◆ PROBLEM REQUIREMENTS ◆
Go through the entries below, tally each line with the string "arith", and give the final number by itself.
═══
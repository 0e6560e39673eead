-- ===== src/Consensus/ContextRules/Final.antt =====
-- The finality of transactions.
use hornet.Common.{ℕ, ◌<◌, ◌≤◌, ◌≡◌, refl, ◌↔◌, ◌⊎◌, inl, inr, List, [], ◌∷◌, true, arith}
use hornet.Protocol.Transaction.{Input, Transaction}
use hornet.Consensus.ContextRules.{
  is_transaction_final_at, is_lock_time_a_block_height, all_sequences_final, sequence_final,
}

-- Every input has the final sequence number.
abbrev pub AllFinal : List Input → Type 0
AllFinal [] = Unit {0}
AllFinal (input ∷ inputs) = (input.sequence ≡ sequence_final) × AllFinal inputs

sequences_iff : (inputs : List Input) → (all_sequences_final inputs ≡ true) ↔ AllFinal inputs
unfolding all_sequences_final
sequences_iff [] = (λ _. tt, λ _. refl)
sequences_iff (input ∷ inputs) =
    let (sound, complete) = sequences_iff inputs in
    (
      λ h. (ground arith, sound (ground arith)),
      λ h. let rest = complete h.1 in let here = h.0 in ground arith,
    )

-- The lock time is over: it is a height below 500,000,000 and less than the block's, or it is a time
-- and less than the block's.
abbrev pub LockTimeOver : ℕ → ℕ → ℕ → Type 0
LockTimeOver lock_time height timestamp =
    ((lock_time < 500_000_000) × (lock_time < height))
    ⊎ ((500_000_000 ≤ lock_time) × (lock_time < timestamp))

final_cases :
    (tx : Transaction) (height timestamp : ℕ)
    → is_transaction_final_at tx height timestamp ≡ true
    → (tx.lock_time ≡ 0)
      ⊎ LockTimeOver tx.lock_time height timestamp
      ⊎ (all_sequences_final tx.inputs ≡ true)
unfolding is_transaction_final_at is_lock_time_a_block_height
final_cases tx height timestamp h = ground arith

final_of :
    (tx : Transaction) (height timestamp : ℕ)
    → (tx.lock_time ≡ 0)
      ⊎ LockTimeOver tx.lock_time height timestamp
      ⊎ (all_sequences_final tx.inputs ≡ true)
    → is_transaction_final_at tx height timestamp ≡ true
unfolding is_transaction_final_at is_lock_time_a_block_height
final_of tx height timestamp h = ground arith

-- A transaction is final at a height and time exactly when it has no lock time, or its lock time
-- is below 500,000,000 and below the height, or it is another one and below the time, or all its
-- inputs have the final sequence number.
is_transaction_final_at_iff :
    (tx : Transaction) (height timestamp : ℕ)
    → (is_transaction_final_at tx height timestamp ≡ true)
      ↔ ((tx.lock_time ≡ 0) ⊎ LockTimeOver tx.lock_time height timestamp ⊎ AllFinal tx.inputs)
is_transaction_final_at_iff tx height timestamp =
    let (sound, complete) = sequences_iff tx.inputs in
    (
      λ h. elim (final_cases tx height timestamp h) [
        | inl unlocked ↦ inl unlocked
        | inr (inl over) ↦ inr (inl over)
        | inr (inr all_final) ↦ inr (inr (sound all_final))
      ],
      λ h. elim h [
        | inl unlocked ↦ final_of tx height timestamp (inl unlocked)
        | inr (inl over) ↦ final_of tx height timestamp (inr (inl over))
        | inr (inr all_final) ↦ final_of tx height timestamp (inr (inr (complete all_final)))
      ],
    )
═══
◆ WRITTEN RESPONSE ◆
5